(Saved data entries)

# # # # # # #

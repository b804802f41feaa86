-- ===== src/Tests/Cli.antt =====
-- A run of the command line.
use cimd_proxy.Prelude.{
  ℕ, String, ◌<>◌, ◌≡◌, refl, Bool, true, false, Option, none, some, List, [], ◌∷◌, ◌⊎◌, ◌==◌,
  if◌then◌else◌, is_empty,
}
use cimd_proxy.Prelude.Dict.{Dict}
use cimd_proxy.Json.{Json, str, arr, strings, object}
use cimd_proxy.Errors.{ok}
use cimd_proxy.Effects.{World, Request, Reply, answered, run, sent}
use cimd_proxy.Pat.Record.{row_count}
use cimd_proxy.Url.{SplitResult}
use cimd_proxy.Cli.{Endpoints, read_endpoints}
use cimd_proxy.Cli.Secure.{AreProxys, read_endpoints_sound}
use cimd_proxy.Cli.SignIn.{sign_in}
use cimd_proxy.Cli.Redeemed.{IsRedeemed, registering, sign_in-sent}
use cimd_proxy.Cli.Receiver.{serve}
use cimd_proxy.Cli.Received.{at_callback, first_params, told, serve_first}
use cimd_proxy.Cli.Commands.{Arguments, create_main, command_line}
use cimd_proxy.Tests.Setup.{platform}

abbrev proxy : String
proxy = "https://proxy.example"

-- An answer with a status and a JSON body.
abbrev answer : ℕ → Dict Json → Reply
answer status body =
    answered (record {
      status_code = status;
      cache_control = none;
      chunks = [];
      json = some (object body);
    })

abbrev metadata : Dict Json
metadata =
    ("issuer", str proxy)
    ∷ ("authorization_endpoint", str (proxy <> "/authorize"))
    ∷ ("token_endpoint", str (proxy <> "/token"))
    ∷ ("registration_endpoint", str (proxy <> "/register"))
    ∷ ("code_challenge_methods_supported", arr (strings ("S256" ∷ [])))
    ∷ []

abbrev servers : Request → Reply
servers q =
    if q.url == "https://mcp.example/.well-known/oauth-protected-resource"
    then answer 200 (
        ("resource", str "https://mcp.example")
        ∷ ("authorization_servers", arr (strings (proxy ∷ [])))
        ∷ [])
    else if q.url == "https://proxy.example/.well-known/oauth-authorization-server"
    then answer 200 metadata
    else if q.url == "https://proxy.example/register"
    then answer 201 (("client_id", str "c") ∷ [])
    else if q.url == "https://proxy.example/token"
    then answer 200 (("access_token", str "at") ∷ [])
    else answer 201 (("token", str "kmb_pat_x") ∷ ("name", str "ci") ∷ [])

abbrev world : World
world = record {
  now = 3;
  noise = 0;
  names = λ _. none;
  upstream = servers;
  table = λ _. row_count 0;
}

abbrev loopback : String → Option Bool
loopback host = if host == "127.0.0.1" then some true else none

-- The state that a random number of 0 gives.
abbrev state : String
state = "AAAAAAAAAAAAAAAAAAAAAAAAAAAAAAAAAAAAAAAAAAA"

abbrev browse : String → Option (Dict String)
browse url = some (("state", state) ∷ ("iss", proxy) ∷ ("code", "code0") ∷ [])

abbrev endpoints : Endpoints
endpoints = record {
  issuer = proxy;
  authorization = "https://proxy.example/authorize";
  token = "https://proxy.example/token";
  registration = "https://proxy.example/register";
}

abbrev arguments : Arguments
arguments = record {
  resource = "https://mcp.example/" ∷ [];
  proxy = "";
  login_scope = "openid";
  name = "ci";
  sets = [];
  expires_in_days = none;
  allow_long_lifetime = false;
  organization = "";
  id = "";
}

read : run world (read_endpoints loopback proxy) ≡ ok endpoints
unfolding read_endpoints
read = refl

read_endpoints_sound_example : AreProxys loopback world proxy endpoints
read_endpoints_sound_example = read_endpoints_sound loopback world proxy endpoints read

-- The token is written to the standard output, and its description beside it.
created :
    run world (command_line platform loopback browse 5000 "300" "" create_main arguments)
    ≡ ok (
      0,
      record {
        stdout = "kmb_pat_x\n";
        stderr =
            "created personal access token 'ci' (id None) for organization None: permission sets (none); resources ; expires None\n";
      },
    )
unfolding command_line cimd_proxy.Prelude.repr
created = refl

sign_in-sent_example :
    (sent world (sign_in platform browse 5000 "300" endpoints "https://mcp.example" "openid")
      ≡ registering platform browse 5000 "300" world endpoints ∷ [])
    ⊎ IsRedeemed platform browse 5000 "300" world endpoints "https://mcp.example" "openid"
        (sent world (sign_in platform browse 5000 "300" endpoints "https://mcp.example" "openid"))
sign_in-sent_example =
    sign_in-sent platform browse 5000 "300" world endpoints "https://mcp.example" "openid"

abbrev parse_qs : String → Dict (String × List String)
parse_qs query = ("code", (query, [])) ∷ []

abbrev at_path : (path query : String) → SplitResult
at_path path query = record { scheme = ""; netloc = ""; path = path; query = query; fragment = "" }

abbrev visits : List SplitResult
visits = at_path "/favicon.ico" "" ∷ at_path "/callback" "a" ∷ at_path "/callback" "b" ∷ []

serve_first_example :
    ((serve parse_qs none visits).1 ≡ first_params parse_qs (at_callback parse_qs visits))
    × (told parse_qs (serve parse_qs none visits).0
        ≡ (if is_empty (at_callback parse_qs visits) then 0 else 1))
serve_first_example = serve_first parse_qs visits
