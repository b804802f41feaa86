-- ===== src/Tests/Config.antt =====
-- A run of the start-up on an environment, and of the redaction of a logged payload.
use cimd_proxy.Prelude.{String, ◌≡◌, refl, false, Option, some, [], ◌∷◌}
use cimd_proxy.Prelude.Int.{pos}
use cimd_proxy.Json.{Json, str, obj, Fields, to_fields}
use cimd_proxy.Errors.{Result}
use cimd_proxy.Platform.{RsaPrivateKey}
use cimd_proxy.Assertion.{AssertionSigner}
use cimd_proxy.Config.{ProxyConfig}
use cimd_proxy.Config.Env.{Env}
use cimd_proxy.Config.Signer.{Pem, rsa_key, load_signer}
use cimd_proxy.Config.Signer.Rounds.{load_signer_ends}
use cimd_proxy.Config.Load.{Seconds}
use cimd_proxy.Logging.{filter_record}
use cimd_proxy.Prelude.Dict.{Dict}
use cimd_proxy.Logging.Hidden.{
  open_member, secret_member, same, no_member, no_attribute, same_attribute, payload_attribute,
  filter_record-AlikeRecords,
}

abbrev key : RsaPrivateKey
key = record { modulus = 35; public_exponent = 5; private_exponent = 5 }

abbrev file : String → Option Pem
file path = some (rsa_key 2048 key)

abbrev seconds : String → Option Seconds
seconds text = some (record { nonpositive = false; milliseconds = 5000 })

abbrev env : Env
env =
    ("PROXY_PUBLIC_URL", "https://proxy.example/")
    ∷ ("PROXY_SECRET_KEY", "k")
    ∷ ("CIMD_CACHE_TTL_MIN", "60")
    ∷ ("DEFAULT_RESOURCE", "https://mcp.example")
    ∷ ("RESOURCE_0_URL", "https://mcp.example/")
    ∷ ("RESOURCE_0_ISSUER", "https://id.example/realms/r")
    ∷ ("RESOURCE_0_CLIENT_ID", "mcp")
    ∷ ("RESOURCE_0_PAT_CLIENT_ID", "pat")
    ∷ ("RESOURCE_0_PAT_CLIENT_SECRET", "p")
    ∷ ("PAT_DATABASE_URL", "postgresql://db")
    ∷ ("PAT_REALM_ISSUER", "https://id.example/realms/r/")
    ∷ ("PAT_SCOPES", "mcp  mcp:write")
    ∷ ("PAT_IDP_ALIAS", "proxy")
    ∷ ("PAT_ADMIN_CLIENT_ID", "admin")
    ∷ ("PAT_ADMIN_CLIENT_SECRET", "a")
    ∷ ("PAT_SIGNING_KEY_0_KID", "k1")
    ∷ ("PAT_SIGNING_KEY_0_FILE", "/keys/k1.pem")
    ∷ ("PAT_SIGNING_KID", "k1")
    ∷ []

abbrev signer : AssertionSigner
signer = record {
  issuer = "https://proxy.example";
  keys = record { kid = "k1"; private_key = key } ∷ [];
  active_kid = "k1";
}

abbrev loaded : ProxyConfig
loaded = record {
  public_url = "https://proxy.example";
  secret_key = "k";
  port = pos 8080;
  bind_host = "0.0.0.0";
  log_level = "INFO";
  cimd_debug = false;
  cimd_cache_ttl_min = 60;
  cimd_cache_ttl_max = 86400;
  cimd_max_bytes = 5120;
  cimd_fetch_timeout = 5000;
  default_resource = "https://mcp.example";
  scopes_supported = "openid" ∷ "offline_access" ∷ [];
  default_scope = "openid offline_access";
  resources =
      record {
        url = "https://mcp.example";
        issuer = "https://id.example/realms/r";
        client_id = "mcp";
        client_secret = "";
        pat_client_id = "pat";
        pat_client_secret = "p";
      }
      ∷ [];
  pat = some (record {
    database_url = "postgresql://db";
    database_schema = "cimd_proxy";
    realm_issuer = "https://id.example/realms/r";
    idp_alias = "proxy";
    admin_client_id = "admin";
    admin_client_secret = "a";
    scopes = "mcp" ∷ "mcp:write" ∷ [];
    signer = signer;
  });
}

load_signer_ends_example :
    (r : Result AssertionSigner) × (load_signer file env "https://proxy.example" ≡ some r)
load_signer_ends_example = load_signer_ends file env "https://proxy.example"

-- The fields of a payload that differs in the end of a code, in a record.
abbrev shown : String → Fields
shown code = to_fields (("client_id", str "https://app.example/id") ∷ ("code", str code) ∷ [])

abbrev logged : String → Dict Json
logged code = ("levelname", str "INFO") ∷ ("msg", obj (shown code)) ∷ []

filter_record-AlikeRecords_example :
    filter_record (logged "abcdef0123") ≡ filter_record (logged "abcdef45678")
unfolding cimd_proxy.Pat.Text.text_of cimd_proxy.Pkce.take_chars
filter_record-AlikeRecords_example =
    filter_record-AlikeRecords (logged "abcdef0123") (logged "abcdef45678") (
      same_attribute "levelname" (str "INFO") (
        payload_attribute {fs = shown "abcdef0123"} {gs = shown "abcdef45678"} "msg" refl refl
          (open_member "client_id" refl (same (str "https://app.example/id")) (
            secret_member {u = str "abcdef0123"} {v = str "abcdef45678"} "code" refl refl
              (λ _. refl) no_member))
          no_attribute))
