-- ===== src/Tests/Facts.antt =====
-- What the program computes on the messages of the runs.
use cimd_proxy.Prelude.{ℕ, String, ◌≡◌, refl, true, false, Option, none, some, List, [], ◌∷◌, arith}
use cimd_proxy.Errors.{ok}
use cimd_proxy.Effects.{run}
use cimd_proxy.Prelude.Dict.{Dict, lookup}
use cimd_proxy.Config.{resource_by_url}
use cimd_proxy.Pkce.{make_verifier, verify_challenge}
use cimd_proxy.RedirectUri.{accept_registered, uri_matches_registration}
use cimd_proxy.Fetcher.{check_infos}
use cimd_proxy.Fetcher.{validate_document, fetch, usable_redirect_uris}
use cimd_proxy.Cache.{get, extract_max_age}
use cimd_proxy.Prelude.{lower, ◌≢◌, eq_iff}
use cimd_proxy.Prelude.Int.{pos}
use cimd_proxy.CimdService.{Documents, obtain}
use cimd_proxy.CimdService.Sound.{IsSound}
use cimd_proxy.Authorize.{
  authorize_envelope, render_authorize_error, validate, check_request, build_upstream_url,
  authorize,
}
use cimd_proxy.Http.{HttpResponse, redirect}
use cimd_proxy.Cache.{Entry}
use cimd_proxy.Envelope
use cimd_proxy.Codec.{pack, open_authorize, open_code}
use cimd_proxy.Http.{new_correlation_id}
use cimd_proxy.Authorize.{AuthorizeParams, require_present, present}
use cimd_proxy.Prelude.{ap, ◌∙◌, ◌≤◌}
use cimd_proxy.Tests.Setup.{
  platform, ip_address, config, cimd, codec, world, params, validated, own, cid, document, entry,
  metadata, client_url, back, state_envelope, code_of, refresh_of, accepted, lawful, reads_state,
  reads_code,
}

pub cid_drawn : run (world 3) new_correlation_id ≡ ok cid
unfolding new_correlation_id
cid_drawn = refl

pub own_drawn : run (world 3) (make_verifier 64) ≡ ok own
unfolding make_verifier
own_drawn = refl

pub pkce_fits : verify_challenge platform "verifier" "AQID" ≡ ok true
unfolding verify_challenge cimd_proxy.Pkce.derive_challenge cimd_proxy.Prelude.all_chars
pkce_fits = refl

pub entry_known : resource_by_url config "https://mcp.example" ≡ ok (some entry)
unfolding resource_by_url cimd_proxy.Config.normalise_requested_url cimd_proxy.Url.urlsplit
    cimd_proxy.Config.entry_with_url
entry_known = refl

pub back_accepted : accept_registered back ≡ ok tt
unfolding accept_registered cimd_proxy.Url.urlsplit cimd_proxy.Url.hostname
back_accepted = refl

pub back_matches : uri_matches_registration back back ≡ ok true
unfolding uri_matches_registration
back_matches = refl

pub loopback_matches :
    uri_matches_registration "http://127.0.0.1:5000/cb" "http://127.0.0.1/cb" ≡ ok true
unfolding uri_matches_registration cimd_proxy.Url.urlsplit cimd_proxy.RedirectUri.is_loopback_http
    cimd_proxy.Url.hostname cimd_proxy.RedirectUri.same_host
loopback_matches = refl

pub metadata_valid :
    validate_document client_url metadata ≡ ok (record document { cache_control = none })
unfolding validate_document cimd_proxy.Fetcher.check_uris cimd_proxy.Fetcher.check_texts
    cimd_proxy.Fetcher.usable_redirect_uris cimd_proxy.Fetcher.sort_uris cimd_proxy.Fetcher.sort_one
    accept_registered cimd_proxy.Url.urlsplit cimd_proxy.Url.hostname cimd_proxy.Fetcher.refusal
metadata_valid = refl

abbrev pub upstream_url : String
upstream_url =
    "https://id.example/realms/r/protocol/openid-connect/auth?response_type=code&client_id=proxy&redirect_uri=https%3A%2F%2Fproxy.example%2Fcallback&code_challenge=AQID&code_challenge_method=S256&state=%2B%2B%2B.a&scope=openid"

pub url_built :
    run (world 3) (build_upstream_url platform ip_address config cimd codec validated cid)
    ≡ ok upstream_url
unfolding build_upstream_url make_verifier cimd_proxy.Pkce.derive_challenge
    cimd_proxy.Prelude.all_chars cimd_proxy.Codec.pack cimd_proxy.Http.authorize_url
    cimd_proxy.Url.Encode.urlencode cimd_proxy.Tests.Fernet.mark cimd_proxy.Tests.Setup.dumps
    cimd_proxy.Envelope.payload cimd_proxy.Prelude.Dict.lookup authorize_envelope
    cimd_proxy.Prelude.rstrip cimd_proxy.Url.Encode.quote_plus
url_built = refl

pub empty-IsSound : IsSound []
unfolding lookup
empty-IsSound = record { holds = λ key e h. absurd (cc h) }

-- The cache behind the first fetch of the document.
abbrev pub filled : Documents
filled = (client_url, record { value = document; expires_at = 603 }) ∷ []

pub validate_runs :
    run (world 3) (validate platform ip_address config cimd codec [] params)
    ≡ ok (ok validated, filled)
unfolding validate check_request accept_registered validate_document fetch resource_by_url
    uri_matches_registration lookup obtain cimd_proxy.Fetcher.check_uris
    cimd_proxy.Fetcher.check_texts cimd_proxy.Fetcher.usable_redirect_uris
    cimd_proxy.Fetcher.sort_uris cimd_proxy.Fetcher.sort_one cimd_proxy.Fetcher.refusal
    cimd_proxy.Fetcher.validate_object cimd_proxy.Fetcher.parse_split cimd_proxy.Fetcher.authority
    cimd_proxy.Fetcher.check_all cimd_proxy.Fetcher.check_zones cimd_proxy.Fetcher.forbidden_zone
    cimd_proxy.Fetcher.without_scope cimd_proxy.Fetcher.first_ip cimd_proxy.Fetcher.pinned_request
    cimd_proxy.Fetcher.parse_client_id_url cimd_proxy.Fetcher.resolve_and_check_ips
    cimd_proxy.Fetcher.check_infos cimd_proxy.Fetcher.fetch_pinned cimd_proxy.Fetcher.read_reply
    cimd_proxy.Fetcher.read_body cimd_proxy.Fetcher.parse_payload
    cimd_proxy.Authorize.validate_checked cimd_proxy.Authorize.registered
    cimd_proxy.Authorize.require_present cimd_proxy.Authorize.present
    cimd_proxy.Authorize.pick_resource cimd_proxy.Authorize.known_target cimd_proxy.Authorize.finish
    cimd_proxy.Authorize.any_matches cimd_proxy.Authorize.load_document
    cimd_proxy.Authorize.dcr_registered cimd_proxy.CimdService.obtain_cached
    cimd_proxy.CimdService.remember cimd_proxy.Config.normalise_requested_url
    cimd_proxy.Config.fold_root cimd_proxy.Config.entry_with_url cimd_proxy.Url.urlsplit
    cimd_proxy.Url.hostname cimd_proxy.Url.port cimd_proxy.Url.hostinfo cimd_proxy.Url.without_path
    cimd_proxy.Cache.get cimd_proxy.Cache.put cimd_proxy.Cache.judge cimd_proxy.Cache.choose_ttl
    cimd_proxy.Cache.base_from_directive cimd_proxy.Cache.extract_max_age
    cimd_proxy.Cache.first_max_age cimd_proxy.Cache.directive_base cimd_proxy.Tests.Setup.loads
    cimd_proxy.Prelude.Dict.insert cimd_proxy.Prelude.lower cimd_proxy.Prelude.split_at
    cimd_proxy.Prelude.strip cimd_proxy.Prelude.Int.parse_int cimd_proxy.Prelude.partition
    cimd_proxy.Prelude.rpartition cimd_proxy.Prelude.any_char cimd_proxy.Prelude.all_chars
validate_runs = refl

# # # # # # #

== TASK STATEMENT ==
A verbatim transcription is needed of the lines above, starting at the line with "abbrev state : String" and ending at the line with "abbrev visits : List SplitResult", both included, and of nothing else.

== RESULT FOR THIS EXERCISE ==
abbrev state : String
state = "AAAAAAAAAAAAAAAAAAAAAAAAAAAAAAAAAAAAAAAAAAA"

abbrev browse : String → Option (Dict String)
browse url = some (("state", state) ∷ ("iss", proxy) ∷ ("code", "code0") ∷ [])

abbrev endpoints : Endpoints
endpoints = record {
  issuer = proxy;
  authorization = "https://proxy.example/authorize";
  token = "https://proxy.example/token";
  registration = "https://proxy.example/register";
}

abbrev arguments : Arguments
arguments = record {
  resource = "https://mcp.example/" ∷ [];
  proxy = "";
  login_scope = "openid";
  name = "ci";
  sets = [];
  expires_in_days = none;
  allow_long_lifetime = false;
  organization = "";
  id = "";
}

read : run world (read_endpoints loopback proxy) ≡ ok endpoints
unfolding read_endpoints
read = refl

read_endpoints_sound_example : AreProxys loopback world proxy endpoints
read_endpoints_sound_example = read_endpoints_sound loopback world proxy endpoints read

-- The token is written to the standard output, and its description beside it.
created :
    run world (command_line platform loopback browse 5000 "300" "" create_main arguments)
    ≡ ok (
      0,
      record {
        stdout = "kmb_pat_x\n";
        stderr =
            "created personal access token 'ci' (id None) for organization None: permission sets (none); resources ; expires None\n";
      },
    )
unfolding command_line cimd_proxy.Prelude.repr
created = refl

sign_in-sent_example :
    (sent world (sign_in platform browse 5000 "300" endpoints "https://mcp.example" "openid")
      ≡ registering platform browse 5000 "300" world endpoints ∷ [])
    ⊎ IsRedeemed platform browse 5000 "300" world endpoints "https://mcp.example" "openid"
        (sent world (sign_in platform browse 5000 "300" endpoints "https://mcp.example" "openid"))
sign_in-sent_example =
    sign_in-sent platform browse 5000 "300" world endpoints "https://mcp.example" "openid"

abbrev parse_qs : String → Dict (String × List String)
parse_qs query = ("code", (query, [])) ∷ []

abbrev at_path : (path query : String) → SplitResult
at_path path query = record { scheme = ""; netloc = ""; path = path; query = query; fragment = "" }

abbrev visits : List SplitResult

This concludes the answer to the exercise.